REQUIREMENT
Pick every line from the data below that contains the string "later" and copy it.
START SUPPLIED INFORMATION
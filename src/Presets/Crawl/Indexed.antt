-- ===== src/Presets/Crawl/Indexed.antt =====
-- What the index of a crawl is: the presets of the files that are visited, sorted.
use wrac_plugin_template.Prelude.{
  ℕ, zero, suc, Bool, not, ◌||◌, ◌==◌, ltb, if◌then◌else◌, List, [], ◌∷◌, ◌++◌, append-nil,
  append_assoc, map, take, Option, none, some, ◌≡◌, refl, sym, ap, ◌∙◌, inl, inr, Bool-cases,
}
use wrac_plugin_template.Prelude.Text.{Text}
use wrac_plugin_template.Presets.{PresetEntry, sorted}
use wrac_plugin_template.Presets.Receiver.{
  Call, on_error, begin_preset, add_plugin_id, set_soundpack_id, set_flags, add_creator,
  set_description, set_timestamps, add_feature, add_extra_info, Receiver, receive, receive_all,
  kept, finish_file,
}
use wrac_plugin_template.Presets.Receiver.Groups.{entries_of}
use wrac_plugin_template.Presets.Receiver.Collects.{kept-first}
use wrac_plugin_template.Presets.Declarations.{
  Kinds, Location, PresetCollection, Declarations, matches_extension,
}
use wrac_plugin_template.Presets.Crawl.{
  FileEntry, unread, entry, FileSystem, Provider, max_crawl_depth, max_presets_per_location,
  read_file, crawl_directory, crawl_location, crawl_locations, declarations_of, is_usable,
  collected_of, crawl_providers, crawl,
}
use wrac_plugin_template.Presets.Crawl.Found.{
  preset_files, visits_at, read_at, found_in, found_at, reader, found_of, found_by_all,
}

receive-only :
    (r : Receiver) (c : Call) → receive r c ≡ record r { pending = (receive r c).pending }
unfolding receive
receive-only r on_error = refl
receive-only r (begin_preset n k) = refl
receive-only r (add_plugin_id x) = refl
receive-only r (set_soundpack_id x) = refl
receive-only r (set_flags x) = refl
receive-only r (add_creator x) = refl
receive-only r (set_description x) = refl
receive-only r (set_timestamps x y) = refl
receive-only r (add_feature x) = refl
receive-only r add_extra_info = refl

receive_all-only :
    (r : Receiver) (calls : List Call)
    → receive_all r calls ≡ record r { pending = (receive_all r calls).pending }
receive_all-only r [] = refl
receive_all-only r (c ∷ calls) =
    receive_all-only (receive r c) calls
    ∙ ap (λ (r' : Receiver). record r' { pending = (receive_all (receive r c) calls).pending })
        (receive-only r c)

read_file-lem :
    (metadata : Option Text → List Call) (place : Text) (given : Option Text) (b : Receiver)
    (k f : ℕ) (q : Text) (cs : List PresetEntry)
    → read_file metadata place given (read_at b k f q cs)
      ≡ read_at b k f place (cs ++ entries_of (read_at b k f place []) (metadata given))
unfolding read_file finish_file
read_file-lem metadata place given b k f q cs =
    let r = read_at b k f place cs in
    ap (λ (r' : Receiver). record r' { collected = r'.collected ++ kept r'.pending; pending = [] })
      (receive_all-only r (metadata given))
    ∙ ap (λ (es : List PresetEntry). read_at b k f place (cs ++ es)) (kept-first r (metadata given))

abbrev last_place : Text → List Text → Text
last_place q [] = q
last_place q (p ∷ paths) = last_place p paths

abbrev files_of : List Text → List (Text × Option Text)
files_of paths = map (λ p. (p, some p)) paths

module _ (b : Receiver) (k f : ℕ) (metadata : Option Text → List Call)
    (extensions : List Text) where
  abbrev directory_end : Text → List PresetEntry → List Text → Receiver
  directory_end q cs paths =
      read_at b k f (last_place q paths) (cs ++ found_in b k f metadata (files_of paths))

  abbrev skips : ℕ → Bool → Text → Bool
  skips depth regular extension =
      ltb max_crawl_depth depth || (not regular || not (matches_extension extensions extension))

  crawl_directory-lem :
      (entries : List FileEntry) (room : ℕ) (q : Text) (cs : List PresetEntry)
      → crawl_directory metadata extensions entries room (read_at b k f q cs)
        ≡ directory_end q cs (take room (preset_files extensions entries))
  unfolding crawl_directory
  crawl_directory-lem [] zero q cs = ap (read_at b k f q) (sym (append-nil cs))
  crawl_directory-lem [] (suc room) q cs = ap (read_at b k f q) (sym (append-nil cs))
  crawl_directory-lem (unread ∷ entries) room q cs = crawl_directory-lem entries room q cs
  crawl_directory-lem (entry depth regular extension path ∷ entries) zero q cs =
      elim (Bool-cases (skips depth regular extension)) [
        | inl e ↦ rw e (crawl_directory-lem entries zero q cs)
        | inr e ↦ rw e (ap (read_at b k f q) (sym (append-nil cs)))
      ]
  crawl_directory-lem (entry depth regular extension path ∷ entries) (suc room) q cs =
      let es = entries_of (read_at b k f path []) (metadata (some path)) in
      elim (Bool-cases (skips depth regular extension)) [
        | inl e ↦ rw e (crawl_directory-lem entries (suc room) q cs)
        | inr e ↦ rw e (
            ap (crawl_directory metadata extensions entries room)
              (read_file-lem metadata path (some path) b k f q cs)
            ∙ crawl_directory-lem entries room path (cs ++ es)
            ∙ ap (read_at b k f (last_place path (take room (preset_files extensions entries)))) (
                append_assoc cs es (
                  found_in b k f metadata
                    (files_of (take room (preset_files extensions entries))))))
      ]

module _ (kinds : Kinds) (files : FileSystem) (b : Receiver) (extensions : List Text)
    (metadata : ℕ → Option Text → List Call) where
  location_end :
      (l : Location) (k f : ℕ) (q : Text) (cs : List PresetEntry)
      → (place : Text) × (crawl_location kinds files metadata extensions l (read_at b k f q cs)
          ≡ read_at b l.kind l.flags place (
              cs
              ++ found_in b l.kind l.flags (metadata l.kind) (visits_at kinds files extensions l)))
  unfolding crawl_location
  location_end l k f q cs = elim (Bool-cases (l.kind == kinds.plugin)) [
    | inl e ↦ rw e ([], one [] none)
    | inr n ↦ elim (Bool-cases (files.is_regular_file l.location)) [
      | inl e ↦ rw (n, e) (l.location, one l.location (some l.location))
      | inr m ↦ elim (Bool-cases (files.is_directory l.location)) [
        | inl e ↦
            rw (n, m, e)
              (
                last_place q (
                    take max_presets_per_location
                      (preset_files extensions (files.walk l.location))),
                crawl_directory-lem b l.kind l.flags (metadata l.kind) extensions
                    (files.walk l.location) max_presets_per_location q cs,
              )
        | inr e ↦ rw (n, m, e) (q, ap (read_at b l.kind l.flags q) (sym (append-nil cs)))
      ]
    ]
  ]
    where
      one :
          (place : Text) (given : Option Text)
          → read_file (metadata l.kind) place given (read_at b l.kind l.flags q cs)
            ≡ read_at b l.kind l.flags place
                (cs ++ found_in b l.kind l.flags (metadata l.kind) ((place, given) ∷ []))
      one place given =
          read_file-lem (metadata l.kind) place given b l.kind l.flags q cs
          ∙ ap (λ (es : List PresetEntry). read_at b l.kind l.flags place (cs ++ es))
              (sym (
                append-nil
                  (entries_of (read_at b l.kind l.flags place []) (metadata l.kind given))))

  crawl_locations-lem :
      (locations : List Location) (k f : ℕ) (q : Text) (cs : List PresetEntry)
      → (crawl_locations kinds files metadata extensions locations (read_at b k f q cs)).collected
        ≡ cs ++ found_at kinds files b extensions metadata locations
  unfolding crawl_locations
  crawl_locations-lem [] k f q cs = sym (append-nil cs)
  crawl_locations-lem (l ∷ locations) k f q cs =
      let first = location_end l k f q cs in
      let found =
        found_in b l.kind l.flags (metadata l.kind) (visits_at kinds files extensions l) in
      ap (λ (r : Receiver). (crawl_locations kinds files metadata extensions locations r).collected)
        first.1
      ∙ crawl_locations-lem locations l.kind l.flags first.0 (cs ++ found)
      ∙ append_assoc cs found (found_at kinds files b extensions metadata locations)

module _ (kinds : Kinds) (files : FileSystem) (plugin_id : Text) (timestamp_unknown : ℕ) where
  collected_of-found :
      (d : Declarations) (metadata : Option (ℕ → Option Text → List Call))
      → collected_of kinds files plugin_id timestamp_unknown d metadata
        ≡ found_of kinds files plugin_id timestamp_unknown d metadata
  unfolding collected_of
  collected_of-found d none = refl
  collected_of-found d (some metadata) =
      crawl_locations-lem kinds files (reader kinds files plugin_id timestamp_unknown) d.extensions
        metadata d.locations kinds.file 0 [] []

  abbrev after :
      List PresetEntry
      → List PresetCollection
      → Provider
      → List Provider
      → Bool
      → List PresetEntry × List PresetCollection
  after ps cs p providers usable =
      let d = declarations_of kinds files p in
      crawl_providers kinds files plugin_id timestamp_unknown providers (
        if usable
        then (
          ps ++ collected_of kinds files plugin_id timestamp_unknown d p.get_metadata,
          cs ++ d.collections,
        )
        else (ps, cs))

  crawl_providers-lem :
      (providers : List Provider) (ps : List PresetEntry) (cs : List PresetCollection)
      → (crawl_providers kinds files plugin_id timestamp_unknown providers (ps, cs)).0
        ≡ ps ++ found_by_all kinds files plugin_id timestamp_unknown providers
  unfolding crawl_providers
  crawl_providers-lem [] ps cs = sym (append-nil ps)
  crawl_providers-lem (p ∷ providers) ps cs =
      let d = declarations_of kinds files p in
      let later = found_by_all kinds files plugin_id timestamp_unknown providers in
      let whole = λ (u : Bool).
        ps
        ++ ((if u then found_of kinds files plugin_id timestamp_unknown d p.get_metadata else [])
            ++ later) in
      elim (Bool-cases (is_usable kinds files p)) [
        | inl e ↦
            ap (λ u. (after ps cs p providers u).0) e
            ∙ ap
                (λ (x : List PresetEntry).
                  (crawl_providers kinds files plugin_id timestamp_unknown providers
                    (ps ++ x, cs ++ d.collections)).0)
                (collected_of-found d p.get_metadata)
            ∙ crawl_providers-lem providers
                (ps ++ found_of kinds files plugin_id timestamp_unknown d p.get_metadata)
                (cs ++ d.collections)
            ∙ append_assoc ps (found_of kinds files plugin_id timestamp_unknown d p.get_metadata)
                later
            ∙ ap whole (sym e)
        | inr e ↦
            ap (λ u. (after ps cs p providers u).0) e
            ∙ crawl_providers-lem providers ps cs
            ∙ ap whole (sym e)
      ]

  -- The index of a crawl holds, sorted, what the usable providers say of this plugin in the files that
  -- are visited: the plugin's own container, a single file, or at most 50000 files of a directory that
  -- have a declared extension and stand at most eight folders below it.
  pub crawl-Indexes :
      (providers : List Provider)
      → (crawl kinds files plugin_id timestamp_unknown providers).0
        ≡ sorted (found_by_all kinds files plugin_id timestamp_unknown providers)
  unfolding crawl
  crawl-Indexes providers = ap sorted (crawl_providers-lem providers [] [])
END SUPPLIED INFORMATION
EXPECTED OUTPUT
      let later = found_by_all kinds files plugin_id timestamp_unknown providers in
            ++ later) in
                later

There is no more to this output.